No, there shouldn’t. There really shouldn’t be.
Is it true that your data was ready much earlier and that it was because of stiff resistance by many countries, particularly India, that it got delayed until May of 2022?
Yeah. We were ready to go back in December. It is primarily due to India. The Indian government’s unhappiness. That’s why the delay occurred multiple times.
One of your team members, Ariel Karlinsky, who worked with you to come up with these estimates, has said, and I quote, “There were nonsensical arguments from the Indian side”. Could you please elaborate on what these “nonsensical” arguments were?
Their complaints were primarily about the methodology but it wasn’t the method we used. I don’t want to get dragged into political arguments because that’s above my pay grade. I’m just a statistician. The arguments were not scientific arguments. They are willfully misunderstanding the methodological documents we sent to them.
I believe in this work. I don’t want to be lost here. I want to continue working on that. I don’t want to get involved in politics. I have been very frustrated. I believe these estimates are useful and to have them delayed for all these months for political reasons rather than scientific reasons – that’s very frustrating.
Is it true that all the independent scientists who were working on this were at some point fed up by the delays and got so frustrated that they decided to just go ahead and publish these estimates, even without the WHO’s endorsement?
I was certainly frustrated and so was my technical advisory group. Yeah, we were having conversations constantly with the WHO on this. There was talk of delaying the estimates by years. That wasn’t going to happen because all the members of this technical advisory group are not paid to do this. We do this in our own time. We all put a lot of time and energy into this. … We all believe in this.
The whole point of this was that people who die and their relatives – there is a moral obligation to get these numbers out there [to them]. There was some discussion among us to publish it without the WHO’s endorsement, but thankfully that didn’t happen.

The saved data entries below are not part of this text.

-- ===== src/Http/HeaderMap/Tests.antt =====
-- A header map with two inline headers.
use meliproxy.Http.HeaderMap.{
  StaticLookupEntry, Response, HeaderMap, static_lookup_table, find_response, insert_by_key, remove,
  add, add_all, new_entry, maybe_create_inline,
}
use meliproxy.Http.HeaderMap.Lookup.{find_response-add}
use meliproxy.Http.HeaderMap.Closed.{IsClosed, static_lookup_table-IsClosed}
use meliproxy.Http.HeaderMap.Pointers.{IsValid, changes-IsValid, insert_by_key-IsValid}
use meliproxy.Shared.{
  codes, ◌≡◌, none, refl, ◌∷◌, [], some, bytes_eq, if◌then◌else◌, ℕ, List, subst, sym,
}

abbrev host : Response
host = record { slot = 0; name = codes ":authority" }

abbrev path : Response
path = record { slot = 1; name = codes ":path" }

abbrev inline_headers : List Response
inline_headers = host ∷ path ∷ []

abbrev table : StaticLookupEntry
table = static_lookup_table inline_headers (codes "host") host

find_response-add_example : find_response (codes "te") (add (codes "t") path new_entry) ≡ (
    if bytes_eq (codes "t") (codes "te") then some path else find_response (codes "te") new_entry)
find_response-add_example = find_response-add (codes "te") (codes "t") path new_entry

found : find_response (codes "host") table ≡ some host
unfolding static_lookup_table add_all add find_response
found = refl

abbrev empty_map : HeaderMap
empty_map = record { table = table; headers = []; inline_headers = λ i. none; next_id = 0 }

empty_map-IsValid : IsValid empty_map
empty_map-IsValid = record {
  points = λ slot id e. absurd (no id e);
  apart = λ i j id e f. absurd (no id e);
  fresh = λ slot id e. absurd (no id e);
}
  where
    no : (id : ℕ) → none ≡ some id → ⊥
    no id e = cc

abbrev one_header : HeaderMap
one_header = insert_by_key (codes "host") (codes "a") empty_map

table-IsClosed : IsClosed table
table-IsClosed = static_lookup_table-IsClosed inline_headers (codes "host") host refl

one_header_table : one_header.table ≡ table
unfolding insert_by_key maybe_create_inline static_lookup_table add_all add find_response
one_header_table = refl

one_header-IsClosed : IsClosed one_header.table
one_header-IsClosed = subst IsClosed (sym one_header_table) table-IsClosed

one_header-IsValid : IsValid one_header
one_header-IsValid =
    insert_by_key-IsValid (codes "host") (codes "a") empty_map table-IsClosed empty_map-IsValid

changes-IsValid_example :
    IsValid (insert_by_key (codes "host") (codes "b") one_header)
    × IsValid (remove (codes "host") one_header)
changes-IsValid_example =
    changes-IsValid (codes "host") (codes "b") one_header one_header-IsClosed one_header-IsValid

[Interlude: India’s Narendra Modi government has been calling the WHO’s methodology questionable and has cited the country’s Civil Registration System (CRS). In the CRS, births and deaths are recorded under the Registration of Birth and Death Act 1969. Under this, the deaths are first recorded in physical registers at the local gram panchayats and municipal levels. This data is then gradually fed digitally into a central database. Because of the scale of the activity, the nationwide numbers are usually published the following year.
The India government had not released this crucial data for 2020 in 2021 and the data for 2021 in 2022. But the government decided to release the 2020 data collected by the CRS just two days before the WHO report was due to be published. The Indian government has still not released the 2021 data.

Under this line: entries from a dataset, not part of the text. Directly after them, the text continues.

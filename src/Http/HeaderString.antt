-- ===== src/Http/HeaderString.antt =====
-- The class HeaderString of envoy/envoy/source/common/http/header_map_impl.cc and
-- envoy/envoy/include/envoy/http/header_map.h: a string in a buffer of its own, inline or allocated, or
-- in another's. Sizes have 32 bits. What is written past the end of a buffer is a value of the model.
pub mod Writes
pub mod Overruns
pub mod Tests
use meliproxy.Common.StringUtil.{itoa}
use meliproxy.Shared.{
  List, Bytes, ◌*◌, leb, ◌+◌, ◌%◌, [], ℕ, none, ltb, ◌-◌, length, false, ◌^◌, ◌++◌, some, true,
  if◌then◌else◌, Bool,
}

-- `HeaderString::Type`. The allocated buffer comes with its `dynamic_capacity_`, which shares its
-- memory with the inline buffer.
pub data Storage : Type 0 where
  reference_storage inline_storage : Storage
  dynamic_storage : ℕ → Storage

-- `contents` are the bytes of the string, `string_length_` many.
pub record HeaderString : Type 0 where
  pub storage : Storage
  pub contents : Bytes

abbrev pub inline_size : ℕ
inline_size = 128

pub data Outcome : Type 0 where
  goes : HeaderString → Outcome
  past_end release_assert : Outcome

-- The constructor without arguments.
pub empty_string : HeaderString
empty_string = record { storage = inline_storage; contents = [] }

-- `memcpy` behind the contents, and the null byte, in a buffer of `capacity` bytes.
pub copy : ℕ → Storage → Bytes → Bytes → Outcome
copy capacity storage contents bytes =
    if ltb (length contents + length bytes) capacity
    then goes (record { storage = storage; contents = contents ++ bytes })
    else past_end

abbrev pub is_reference : Storage → Bool
is_reference reference_storage = true
is_reference inline_storage = false
is_reference (dynamic_storage capacity) = false

-- `append` to a string that is not a reference.
pub append_own : Storage → Bytes → Bytes → Outcome
unfolding copy
append_own reference_storage contents bytes = past_end
append_own inline_storage contents bytes =
    let new_capacity = (length contents + length bytes) * 2 in
    if leb ((length bytes + 1 + length contents) % 2 ^ 32) inline_size
    then copy inline_size inline_storage contents bytes
    else if leb new_capacity (2 ^ 32 - 1)
    then copy new_capacity (dynamic_storage new_capacity) contents bytes
    else release_assert
append_own (dynamic_storage capacity) contents bytes =
    let new_capacity = (length contents + length bytes) * 2 % 2 ^ 32 in
    if ltb capacity ((length bytes + 1 + length contents) % 2 ^ 32)
    then copy new_capacity (dynamic_storage new_capacity) contents bytes
    else copy capacity (dynamic_storage capacity) contents bytes

-- `append`. A reference becomes an empty inline string first.
pub append : HeaderString → Bytes → Outcome
unfolding append_own
append s bytes =
    if is_reference s.storage
    then append_own inline_storage [] bytes
    else append_own s.storage s.contents bytes

-- `clear`
pub clear : HeaderString → HeaderString
clear s = if is_reference s.storage then s else record s { contents = [] }

-- `setCopy` of a string that is not a reference.
pub set_copy_own : Storage → Bytes → Outcome
unfolding copy
set_copy_own reference_storage bytes = past_end
set_copy_own inline_storage bytes =
    let new_capacity = length bytes * 2 % 2 ^ 32 in
    if leb ((length bytes + 1) % 2 ^ 32) inline_size
    then copy inline_size inline_storage [] bytes
    else copy new_capacity (dynamic_storage new_capacity) [] bytes
set_copy_own (dynamic_storage capacity) bytes =
    let new_capacity = length bytes * 2 % 2 ^ 32 in
    if ltb capacity ((length bytes + 1) % 2 ^ 32)
    then copy new_capacity (dynamic_storage new_capacity) [] bytes
    else copy capacity (dynamic_storage capacity) [] bytes

-- `setCopy`
pub set_copy : HeaderString → Bytes → Outcome
unfolding set_copy_own
set_copy s bytes = set_copy_own (if is_reference s.storage then inline_storage else s.storage) bytes

-- `setInteger`, whose `itoa` is told that 32 bytes are there.
abbrev pub capacity_of : Storage → ℕ
capacity_of reference_storage = 0
capacity_of inline_storage = inline_size
capacity_of (dynamic_storage capacity) = capacity

pub set_integer : HeaderString → ℕ → Outcome
unfolding copy
set_integer s value =
    let storage = if is_reference s.storage then inline_storage else s.storage in
    elim (itoa 32 value) [
      | none ↦ release_assert
      | some digits ↦ copy (capacity_of storage) storage [] digits
    ]

-- `setReference`, and the constructors from a string.
pub set_reference : Bytes → HeaderString
set_reference ref_value = record { storage = reference_storage; contents = ref_value }

-- The move constructor: the new string, and what is left in the old one.
pub move_value : HeaderString → HeaderString × HeaderString
unfolding empty_string
move_value s = if is_reference s.storage then (s, s) else (s, empty_string)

According to the 2020 CRS data, there were 8.3 lakh excess deaths in 2020, over the average number of deaths in the previous two years. Wakefield said this is almost similar to the WHO’s estimate for 2020 as well. He also said that it is a clear indicator that if India released its 2021 death data – the year India experienced its deadly second wave driven by the delta variant – then the Indian government’s own figures would be consistent with the WHO’s estimate of 47 lakh excess deaths. So why the current hungama?]
J.W.: There have been a number of studies that have estimated the toll of the pandemic in India using other data sources. We are all in the same ballpark. We are all consistently giving around the same number. … We estimated [the excess deaths in India in 2020] at 8,30,000. Our figure … is very consistent with the data released by India. So I was quite happy that India released that data, because it gave more credibility to our estimates I believe. Because it shows our 2020 estimate was pretty accurate.